Segment Start: ENTRIES SUPPLIED

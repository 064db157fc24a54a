-- ===== src/Verdict/Wire.antt =====
-- The wire format of a verdict: what is written is read back, and what is read as an Allow.
-- What a verdict means to its reader: the opt-in counts with an Allow only.
use sentinel_cosmic.Common.{
  Any, Bool, false, Option-cases, List, inr, ◌∙◌, arith, ◌∷◌, true, [], refl, ◌↔◌, some, All, ◌&&◌,
  sym, ◌≡◌, inl, Bool-cases, any,
}
use sentinel_cosmic.Text.{codes, Text, split_whitespace, trim, text_eq}
use sentinel_cosmic.Text.Equality.{text_eq_iff, any-text_eq_iff}
use sentinel_cosmic.Text.Words.{split_whitespace-IsWord, IsWord, trim-Solid}
use sentinel_cosmic.Verdict.{
  timeout, Verdict, show_verdict, is_allow, parse_tokens, parse_outcome, Outcome, allow,
  parse_verdict, deny, remember_token,
}

abbrev pub normalize : Verdict → Verdict
normalize v = record v { remember = v.remember && is_allow v.outcome }

parse-show_verdict :
    (o : Outcome) (r : Bool)
    → let v : Verdict = record { outcome = o; remember = r } in
      parse_verdict (show_verdict v) ≡ some (normalize v)
unfolding parse_verdict show_verdict
parse-show_verdict allow true = refl
parse-show_verdict allow false = refl
parse-show_verdict deny true = refl
parse-show_verdict deny false = refl
parse-show_verdict timeout true = refl
parse-show_verdict timeout false = refl

-- A verdict that is written and read back keeps its outcome, and keeps the opt-in exactly when the
-- outcome is an Allow.
pub parse_verdict-show_verdict : (v : Verdict) → parse_verdict (show_verdict v) ≡ some (normalize v)
parse_verdict-show_verdict v = parse-show_verdict v.outcome v.remember

parse_outcome_allow : (t : Text) → parse_outcome t ≡ some allow → trim t ≡ codes "ALLOW"
unfolding parse_outcome
parse_outcome_allow t h = elim (Bool-cases (text_eq (trim t) (codes "ALLOW"))) [
  | inl e ↦ (text_eq_iff _ _).0 e
  | inr e ↦ absurd (ground (arith, e))
]

parse_tokens_allow :
    (ts : List Text) (v : Verdict)
    → All IsWord ts
    → parse_tokens ts ≡ some v
    → v.outcome ≡ allow
    → (rest : List Text) × (ts ≡ codes "ALLOW" ∷ rest)
      × (v.remember ≡ any (λ u. text_eq u remember_token) rest)
unfolding parse_tokens
parse_tokens_allow [] v w h a = absurd (unfold parse_outcome in cc)
parse_tokens_allow (t ∷ ts) v (w, ws) h a = elim (Option-cases (parse_outcome t)) [
  | inl e ↦ absurd (ground (arith, e))
  | inr (o, e) ↦
      let exact : t ≡ codes "ALLOW" =
        sym (trim-Solid t w.1) ∙ parse_outcome_allow t (ground (arith, e, h, a)) in
      (ts, cc exact, ground (arith, e, h))
]

-- Fail-safe reading: a line is read as an Allow only if its first word is exactly ALLOW, and as an
-- opt-in only if a later word is exactly REMEMBER.
pub parse_verdict_allow :
    (s : Text) (v : Verdict)
    → parse_verdict s ≡ some v
    → v.outcome ≡ allow
    → (rest : List Text) × (split_whitespace s ≡ codes "ALLOW" ∷ rest)
      × ((v.remember ≡ true) ↔ Any (λ u. u ≡ remember_token) rest)
unfolding parse_verdict
parse_verdict_allow s v h a =
    let (rest, e, r) = parse_tokens_allow (split_whitespace s) v (split_whitespace-IsWord s) h a in
    (rest, e, rw r (any-text_eq_iff remember_token rest))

Segment End: ENTRIES SUPPLIED

WHAT IS NEEDED | An exact reproduction of all the records is needed.

COMPLETED EXERCISE |
repository 064db157fc24a54a
-- ===== src/Verdict/Wire.antt =====
-- The wire format of a verdict: what is written is read back, and what is read as an Allow.
-- What a verdict means to its reader: the opt-in counts with an Allow only.
use sentinel_cosmic.Common.{
  Any, Bool, false, Option-cases, List, inr, ◌∙◌, arith, ◌∷◌, true, [], refl, ◌↔◌, some, All, ◌&&◌,
  sym, ◌≡◌, inl, Bool-cases, any,
}
use sentinel_cosmic.Text.{codes, Text, split_whitespace, trim, text_eq}
use sentinel_cosmic.Text.Equality.{text_eq_iff, any-text_eq_iff}
use sentinel_cosmic.Text.Words.{split_whitespace-IsWord, IsWord, trim-Solid}
use sentinel_cosmic.Verdict.{
  timeout, Verdict, show_verdict, is_allow, parse_tokens, parse_outcome, Outcome, allow,
  parse_verdict, deny, remember_token,
}

abbrev pub normalize : Verdict → Verdict
normalize v = record v { remember = v.remember && is_allow v.outcome }

parse-show_verdict :
    (o : Outcome) (r : Bool)
    → let v : Verdict = record { outcome = o; remember = r } in
      parse_verdict (show_verdict v) ≡ some (normalize v)
unfolding parse_verdict show_verdict
parse-show_verdict allow true = refl
parse-show_verdict allow false = refl
parse-show_verdict deny true = refl
parse-show_verdict deny false = refl
parse-show_verdict timeout true = refl
parse-show_verdict timeout false = refl

-- A verdict that is written and read back keeps its outcome, and keeps the opt-in exactly when the
-- outcome is an Allow.
pub parse_verdict-show_verdict : (v : Verdict) → parse_verdict (show_verdict v) ≡ some (normalize v)
parse_verdict-show_verdict v = parse-show_verdict v.outcome v.remember

parse_outcome_allow : (t : Text) → parse_outcome t ≡ some allow → trim t ≡ codes "ALLOW"
unfolding parse_outcome
parse_outcome_allow t h = elim (Bool-cases (text_eq (trim t) (codes "ALLOW"))) [
  | inl e ↦ (text_eq_iff _ _).0 e
  | inr e ↦ absurd (ground (arith, e))
]

parse_tokens_allow :
    (ts : List Text) (v : Verdict)
    → All IsWord ts
    → parse_tokens ts ≡ some v
    → v.outcome ≡ allow
    → (rest : List Text) × (ts ≡ codes "ALLOW" ∷ rest)
      × (v.remember ≡ any (λ u. text_eq u remember_token) rest)
unfolding parse_tokens
parse_tokens_allow [] v w h a = absurd (unfold parse_outcome in cc)
parse_tokens_allow (t ∷ ts) v (w, ws) h a = elim (Option-cases (parse_outcome t)) [
  | inl e ↦ absurd (ground (arith, e))
  | inr (o, e) ↦
      let exact : t ≡ codes "ALLOW" =
        sym (trim-Solid t w.1) ∙ parse_outcome_allow t (ground (arith, e, h, a)) in
      (ts, cc exact, ground (arith, e, h))
]

-- Fail-safe reading: a line is read as an Allow only if its first word is exactly ALLOW, and as an
-- opt-in only if a later word is exactly REMEMBER.
pub parse_verdict_allow :
    (s : Text) (v : Verdict)
    → parse_verdict s ≡ some v
    → v.outcome ≡ allow
    → (rest : List Text) × (split_whitespace s ≡ codes "ALLOW" ∷ rest)
      × ((v.remember ≡ true) ↔ Any (λ u. u ≡ remember_token) rest)
unfolding parse_verdict
parse_verdict_allow s v h a =
    let (rest, e, r) = parse_tokens_allow (split_whitespace s) v (split_whitespace-IsWord s) h a in
    (rest, e, rw r (any-text_eq_iff remember_token rest))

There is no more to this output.